德贝菲尔得知,因为“王子”老朽枯瘦,屠夫和皮匠只肯出几个先令收购尸首,这时,他便断然决定不予出售。
“不卖,”他很有气度地说,“俺不卖老马的尸首。俺德伯维尔老祖宗在大地上当武将的时候,绝不把战马卖给人家当猫食的。叫那些家伙收起他们的先令吧!俺家‘王子’活着的时候好好地为俺干过活,现在它死了俺也不忍心与它分离。”

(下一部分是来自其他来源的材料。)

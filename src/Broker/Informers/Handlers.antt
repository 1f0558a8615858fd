-- ===== src/Broker/Informers/Handlers.antt =====
-- What a report to the runnable of `NewBroker` in `client/broker.go` does to the entries of a name.
use ducks.Prelude.{
  String, ◌≡◌, ◌⊎◌, sym, ap, subst, true, none, some, some_inj, inl, inr, Option-cases,
}
use ducks.Prelude.Exec.{ok}
use ducks.Prelude.Assoc.{lookup}
use ducks.Conditions.{Conditions}
use ducks.Api.{Duck}
use ducks.Client.Select.{duck_is_ready}
use ducks.Broker.Informers.{
  Cache, Given, object, final_state_unknown, Event, added, updated, deleted, Informers, inform_on,
  inform_on_given, given_duck, forget, on_delete, handle,
}
use ducks.Broker.Informers.Entries.{
  NeverFails, Deletes, Announces, Entry, IsStarted, Has, forgotten-Entry, forgotten-keeps,
  inform_on-Entry, inform_on-keeps, inform_on-starts,
}

module _ (c : Conditions) (k : Cache c.Status) where
  -- The outcome of `informOn` is the state after a report that a handler could read.
  module _ (st : Informers c k) (w : k.World) {st' : Informers c k} {w' : k.World}
      (obj : Given k.Object)
      (did : inform_on_given c k (given_duck c k obj) st w ≡ some (st', w')) where
    informed :
        (r : Duck c.Status) × (given_duck c k obj ≡ some r) × ((inform_on c k r st w).0 ≡ st')
    informed = elim (Option-cases (given_duck c k obj)) [
      | inl panics ↦ absurd (cc (rw panics at did))
      | inr (r, given) ↦ (r, given, ap (λ o. o.0) (some_inj.0 (rw given at did)))
    ]

    given-Entry :
        {name : String} {i : k.Informer} {reg : k.Registration}
        → Entry c k st' name i reg
        → Entry c k st name i reg
          ⊎ ((r : Duck c.Status) × (given_duck c k obj ≡ some r)
              × (r.metadata.name ≡ name)
              × (duck_is_ready c r ≡ true)
              × IsStarted c k i reg r)
    given-Entry {name} entry =
        let (r, given, same) = informed in
        elim (inform_on-Entry c k name r st w (rw same entry)) [
          | inl before ↦ inl before
          | inr (named, ready, started) ↦ inr (r, given, named, ready, started)
        ]

    given-keeps : (name : String) → Has c k name st → Has c k name st'
    given-keeps name there =
        let (r, given, same) = informed in
        subst (Has c k name) same (inform_on-keeps c k name r st w there)

    given-starts :
        {name : String} (r : Duck c.Status)
        → NeverFails c k
        → given_duck c k obj ≡ some r
        → r.metadata.name ≡ name
        → duck_is_ready c r ≡ true
        → Has c k name st'
    given-starts {name} r calls given named ready =
        subst (Has c k name) (ap (λ o. o.0) (some_inj.0 (rw given at did)))
          (inform_on-starts c k name r st w calls named ready)

  module _ (calls : NeverFails c k) (key : String) (st : Informers c k) (w : k.World)
      {st' : Informers c k} {w' : k.World} (did : on_delete c k key st w ≡ some (st', w')) where
    -- Either the name has no registration, or its entries are deleted.
    deleted_cases :
        ((lookup key st.duck_registrations ≡ none) × (st ≡ st'))
        ⊎ ((w₁ : k.World) × ((forget c k key st (ok tt, w₁)).0 ≡ st'))
    unfolding on_delete
    deleted_cases = elim (Option-cases (lookup key st.duck_registrations)) [
      | inl unknown ↦ inl (unknown, ap (λ o. o.0) (some_inj.0 (rw (unknown, on_delete) at did)))
      | inr (reg₀, known) ↦ elim (Option-cases (lookup key st.duck_informers)) [
        | inl missing ↦ absurd (cc (rw (known, missing, on_delete) at did))
        | inr (i₀, there) ↦
            let (w₁, removed) = calls.removes i₀ reg₀ w in
            inr (w₁, ap (λ o. o.0) (some_inj.0 (rw (known, there, removed, on_delete) at did)))
      ]
    ]

    on_delete-Entry :
        {name : String} {i : k.Informer} {reg : k.Registration}
        → Entry c k st' name i reg
        → (¬ (key ≡ name)) × Entry c k st name i reg
    on_delete-Entry entry = elim deleted_cases [
      | inl (unknown, same) ↦
          let before = rw (sym same) at entry in
          ((λ e. cc (unknown, before.registration, e)), before)
      | inr (w₁, same) ↦ forgotten-Entry c k key st w₁ (rw same entry)
    ]

    on_delete-keeps : {name : String} → ¬ (key ≡ name) → Has c k name st → Has c k name st'
    on_delete-keeps {name} other there = elim deleted_cases [
      | inl (unknown, same) ↦ subst (Has c k name) same there
      | inr (w₁, same) ↦ subst (Has c k name) same (forgotten-keeps c k key st w₁ other there)
    ]

  module _ (calls : NeverFails c k) where
    pub handle-Entry :
        {name : String} {i : k.Informer} {reg : k.Registration} (e : Event k.Object)
        (st : Informers c k) (w : k.World) {st' : Informers c k} {w' : k.World}
        → handle c k e st w ≡ some (st', w')
        → Entry c k st' name i reg
        → (Entry c k st name i reg × (¬ Deletes c k name e))
          ⊎ Announces c k (IsStarted c k i reg) name e
    unfolding handle
    handle-Entry (added obj) st w did entry = elim (given-Entry st w obj did entry) [
      | inl before ↦ inl (before, λ x. x)
      | inr (r, given, named, ready, started) ↦
          inr (record { duck = r; reported = given; named = named; ready = ready; holds = started })
    ]
    handle-Entry (updated old obj) st w did entry = elim (given-Entry st w obj did entry) [
      | inl before ↦ inl (before, λ x. x)
      | inr (r, given, named, ready, started) ↦
          inr (record { duck = r; reported = given; named = named; ready = ready; holds = started })
    ]
    handle-Entry (deleted (object o)) st w did entry =
        let (other, before) = on_delete-Entry calls (k.get_name o) st w did entry in
        inl (before, other)
    handle-Entry (deleted (final_state_unknown key)) st w did entry = absurd (cc did)

    pub handle-keeps :
        (name : String) (e : Event k.Object) (st : Informers c k) (w : k.World)
        {st' : Informers c k} {w' : k.World}
        → handle c k e st w ≡ some (st', w')
        → ¬ Deletes c k name e
        → Has c k name st
        → Has c k name st'
    unfolding handle
    handle-keeps name (added obj) st w did kept there = given-keeps st w obj did name there
    handle-keeps name (updated old obj) st w did kept there = given-keeps st w obj did name there
    handle-keeps name (deleted (object o)) st w did kept there =
        on_delete-keeps calls (k.get_name o) st w did kept there
    handle-keeps name (deleted (final_state_unknown key)) st w did kept there = absurd (cc did)

    pub handle-starts :
        {P : Duck c.Status → Type 0} (name : String) (e : Event k.Object) (st : Informers c k)
        (w : k.World) {st' : Informers c k} {w' : k.World}
        → handle c k e st w ≡ some (st', w')
        → Announces c k P name e
        → Has c k name st'
    unfolding handle
    handle-starts name (added obj) st w did a =
        given-starts st w obj did a.duck calls a.reported a.named a.ready
    handle-starts name (updated old obj) st w did a =
        given-starts st w obj did a.duck calls a.reported a.named a.ready
    handle-starts name (deleted obj) st w did a = absurd (cc (a.reported))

第二天,他在园子里为“王子”挖了一个坟坑,他卖力地挖着,好几个月来,他为养家糊口种庄稼时,也没有这样卖力。坟坑挖好之后,德贝菲尔和妻子用绳子把马拴了起来,沿着小路把它拖到坟坑,孩子们跟在后面,像送殡的队列。亚伯拉罕和丽莎抽抽噎噎地哭着,盼盼和洁洁为了发泄满腔悲痛,号啕大哭,哭声在四处回荡。当“王子”下葬入土的时候,他们围在坟坑四周。全家的饭碗已被夺走,他们往后日子怎么过呢?
“它上了天堂了吗?”亚伯拉罕呜咽着问道。
接着,德贝菲尔开始往坑里填土,孩子们重新大哭起来。全都失声痛哭,除了苔丝。她脸上干巴巴的,毫无血色,仿佛认定自己就是凶手似的。
注释:
[1] 这句俗语是指怀胎的意思。